■ Data:

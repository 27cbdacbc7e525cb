-- ===== src/Handshake/Endpoints/Chosen.antt =====
-- Which endpoint pair `find_endpoint_pair` chooses.
use oukitel_rt7_linux.Prelude.{
  ℕ, ◌≡◌, sym, ◌∙◌, All, All-append, All-weaken, List, [], ◌∷◌, ◌++◌, append-nil, append_assoc,
  none, some, ok, nat_beq, nat_beq_iff, nat_eq, if◌then◌else◌, arith, Option-cases, Bool-cases, inl,
  inr,
}
use oukitel_rt7_linux.Handshake.Usb.{
  Usb, Endpoint, Interface, Configuration, IsLawful, Member, first, later,
}
use oukitel_rt7_linux.Handshake.Endpoints.{
  EndpointPair, find_directed, interface_pair, first_candidate, choose_pair, find_endpoint_pair,
}

module _ (usb : Usb) where
  -- The pairs of all interfaces that have one, in order, and those of class 0x0A.
  pub candidates : Configuration → List EndpointPair
  candidates [] = []
  candidates (interface ∷ rest) = elim (interface_pair usb interface) [
    | none ↦ candidates rest
    | some pair ↦ pair ∷ candidates rest
  ]

  pub cdc_candidates : Configuration → List EndpointPair
  cdc_candidates [] = []
  cdc_candidates (interface ∷ rest) =
      if nat_beq interface.class_code 0x0A
      then elim (interface_pair usb interface) [
        | none ↦ cdc_candidates rest
        | some pair ↦ pair ∷ cdc_candidates rest
      ]
      else cdc_candidates rest

  choose_pair_lem :
      (passed : List EndpointPair) (configuration : Configuration)
      → choose_pair usb passed configuration
        ≡ first_candidate usb (cdc_candidates configuration ++ (passed ++ candidates configuration))
  unfolding choose_pair candidates cdc_candidates
  choose_pair_lem passed [] = rw (append-nil passed)
  choose_pair_lem passed (interface ∷ rest) = elim (Option-cases (interface_pair usb interface)) [
    | inl e ↦ ground (arith, e, choose_pair_lem passed rest)
    | inr (pair, e) ↦ ground (
      arith,
      e,
      choose_pair_lem (passed ++ pair ∷ []) rest,
      append_assoc passed (pair ∷ []) (candidates rest),
    )
  ]

  -- The choice is the first pair of an interface of class 0x0A, else the first pair of any
  -- interface, and an error only if no interface has both directions.
  pub find_endpoint_pair_lem :
      (configuration : Configuration)
      → find_endpoint_pair usb configuration
        ≡ first_candidate usb (cdc_candidates configuration ++ candidates configuration)
  unfolding find_endpoint_pair
  find_endpoint_pair_lem configuration = choose_pair_lem [] configuration

  -- An endpoint of the interface with a direction.
  pub record IsDirected (direction : ℕ) (interface : Interface) (endpoint : Endpoint) : Type 0 where
    pub member : Member endpoint interface.endpoints
    pub directed : usb.endpoint_direction endpoint.address ≡ direction

  pub record IsPairOf (configuration : Configuration) (pair : EndpointPair) : Type 0 where
    pub interface : Interface
    pub member : Member interface configuration
    pub number : pair.interface_number ≡ interface.number
    pub inward : IsDirected usb.endpoint_in interface pair.endpoint_in
    pub outward : IsDirected usb.endpoint_out interface pair.endpoint_out

  module _ (lawful : IsLawful usb) where
    find_directed-IsDirected :
        (direction : ℕ) (interface : Interface) (e : Endpoint)
        → find_directed usb direction interface ≡ some e
        → IsDirected direction interface e
    unfolding find_directed
    find_directed-IsDirected direction interface e h =
        let (fits, member) = lawful.find_some interface.endpoints _ e h in
        record { member = member; directed = (nat_beq_iff _ _).0 fits }

    interface_pair-IsPairOf :
        (rest : Configuration) (interface : Interface) (pair : EndpointPair)
        → interface_pair usb interface ≡ some pair
        → IsPairOf (interface ∷ rest) pair
    unfolding interface_pair
    interface_pair-IsPairOf rest interface pair h = record {
      interface = interface;
      member = first;
      number = ground arith;
      inward = find_directed-IsDirected usb.endpoint_in interface pair.endpoint_in (ground arith);
      outward =
          find_directed-IsDirected usb.endpoint_out interface pair.endpoint_out (ground arith);
    }

    IsPairOf-later :
        (rest : Configuration) (interface : Interface) (pair : EndpointPair)
        → IsPairOf rest pair
        → IsPairOf (interface ∷ rest) pair
    IsPairOf-later rest interface pair p = record {
      interface = p.interface;
      member = later p.member;
      number = p.number;
      inward = p.inward;
      outward = p.outward;
    }

    candidates-IsPairOf : (c : Configuration) → All (IsPairOf c) (candidates c)
    unfolding candidates
    candidates-IsPairOf [] = tt
    candidates-IsPairOf (interface ∷ rest) =
        let more =
          All-weaken (IsPairOf rest) (IsPairOf (interface ∷ rest)) (candidates rest)
            (IsPairOf-later rest interface) (candidates-IsPairOf rest) in
        elim (Option-cases (interface_pair usb interface)) [
          | inl e ↦ rw (e, All) more
          | inr (pair, e) ↦ rw (e, All) (interface_pair-IsPairOf rest interface pair e, more)
        ]

    cdc_candidates-IsPairOf : (c : Configuration) → All (IsPairOf c) (cdc_candidates c)
    unfolding cdc_candidates
    cdc_candidates-IsPairOf [] = tt
    cdc_candidates-IsPairOf (interface ∷ rest) =
        let more =
          All-weaken (IsPairOf rest) (IsPairOf (interface ∷ rest)) (cdc_candidates rest)
            (IsPairOf-later rest interface) (cdc_candidates-IsPairOf rest) in
        elim (Bool-cases (nat_beq interface.class_code 0x0A)) [
          | inr other ↦ rw other more
          | inl cdc ↦ rw cdc (elim (Option-cases (interface_pair usb interface)) [
            | inl e ↦ rw e more
            | inr (pair, e) ↦ rw e (interface_pair-IsPairOf rest interface pair e, more)
          ])
        ]

    first_candidate-All :
        (P : EndpointPair → Type 0) (pairs : List EndpointPair) (pair : EndpointPair)
        → All P pairs
        → first_candidate usb pairs ≡ ok pair
        → P pair
    unfolding first_candidate
    first_candidate-All P [] pair h e = cc
    first_candidate-All P (x ∷ xs) pair h e = let same : x ≡ pair = cc in rw same at h.0

    -- If `find_descriptor` keeps its documented contract, the pair that is chosen is one IN and one
    -- OUT endpoint of one interface of the configuration, with the number of that interface.
    pub find_endpoint_pair-IsPairOf :
        (configuration : Configuration) (pair : EndpointPair)
        → find_endpoint_pair usb configuration ≡ ok pair
        → IsPairOf configuration pair
    find_endpoint_pair-IsPairOf c pair h =
        first_candidate-All (IsPairOf c) (cdc_candidates c ++ candidates c) pair
          (All-append (IsPairOf c) (cdc_candidates c) (candidates c) (cdc_candidates-IsPairOf c)
            (candidates-IsPairOf c))
          (sym (find_endpoint_pair_lem c) ∙ h)
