-- ===== src/Handshake/Wait.antt =====
-- `matching_devices` and `wait_for_transport` of scripts/probe-mtk-handshake.py.
pub mod Found
use oukitel_rt7_linux.Prelude.{
  ℕ, zero, suc, ◌+◌, ◌-◌, ◌≡◌, Bool, true, false, List, [], ◌∷◌, ◌++◌, Option, none, some, ltb,
  contains, nat_eq, if◌then◌else◌,
}
use oukitel_rt7_linux.Prelude.Exec.{◌>>=◌, ◌>>◌, pure, raise, gets}
use oukitel_rt7_linux.Handshake.Usb.{
  Usb, Device, Exception, World, Probe, call, find_devices, timeout_error,
}
use oukitel_rt7_linux.Prelude.{Result, ok, err}

abbrev pub vid_mediatek : ℕ
vid_mediatek = 0x0E8D

abbrev pub transport_pids : List ℕ
transport_pids = 0x0003 ∷ 0x2000 ∷ 0x2001 ∷ 0x20FF ∷ 0x3000 ∷ 0x6000 ∷ []

-- The first of `device for device in devices if device.idProduct in TRANSPORT_PIDS`.
unfoldable pub first_match : List Device → Option Device
first_match [] = none
first_match (d ∷ ds) = if contains transport_pids d.id_product then some d else first_match ds

-- What an enumeration gives, or the exception that it raised.
abbrev pub matching : Result Exception (List Device) → Result Exception (Option Device)
matching (ok devices) = ok (first_match devices)
matching (err e) = err e

module _ (usb : Usb) where
  -- One enumeration of the bus.
  unfoldable pub poll : Probe usb (Option Device)
  unfolding first_match call
  poll =
      call usb (find_devices vid_mediatek)
        λ bus. let (devices, bus') = usb.find vid_mediatek bus in (matching devices, bus')

  unfoldable pub sleep : ℕ → Probe usb (Unit {0})
  sleep interval w = (ok tt, record w { bus = usb.sleep interval w.bus })

  -- The loop, with fuel; `none` means that the fuel ran out.
  unfoldable pub wait_loop : ℕ → ℕ → ℕ → ℕ → Probe usb (Option Device)
  unfolding poll sleep
  wait_loop zero deadline timeout interval w = (ok none, w)
  wait_loop (suc fuel) deadline timeout interval w = elim (ltb (usb.monotonic w.bus) deadline) [
    | false ↦ raise (timeout_error timeout) w
    | true ↦
        (poll >>= λ found. elim found [
          | some device ↦ pure (some device)
          | none ↦ (sleep interval >> wait_loop fuel deadline timeout interval)
        ])
          w
  ]

  -- Times are in ticks of the clock. A round of the loop takes one at least, if the interval does.
  unfoldable pub wait_for_transport : ℕ → ℕ → Probe usb (Option Device)
  unfolding wait_loop
  wait_for_transport timeout interval w =
      wait_loop (suc timeout) (usb.monotonic w.bus + timeout) timeout interval w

■ Try it:
Your task is to copy each line of the material that contains the word "enumeration".

■ The answer:
-- What an enumeration gives, or the exception that it raised.
  -- One enumeration of the bus.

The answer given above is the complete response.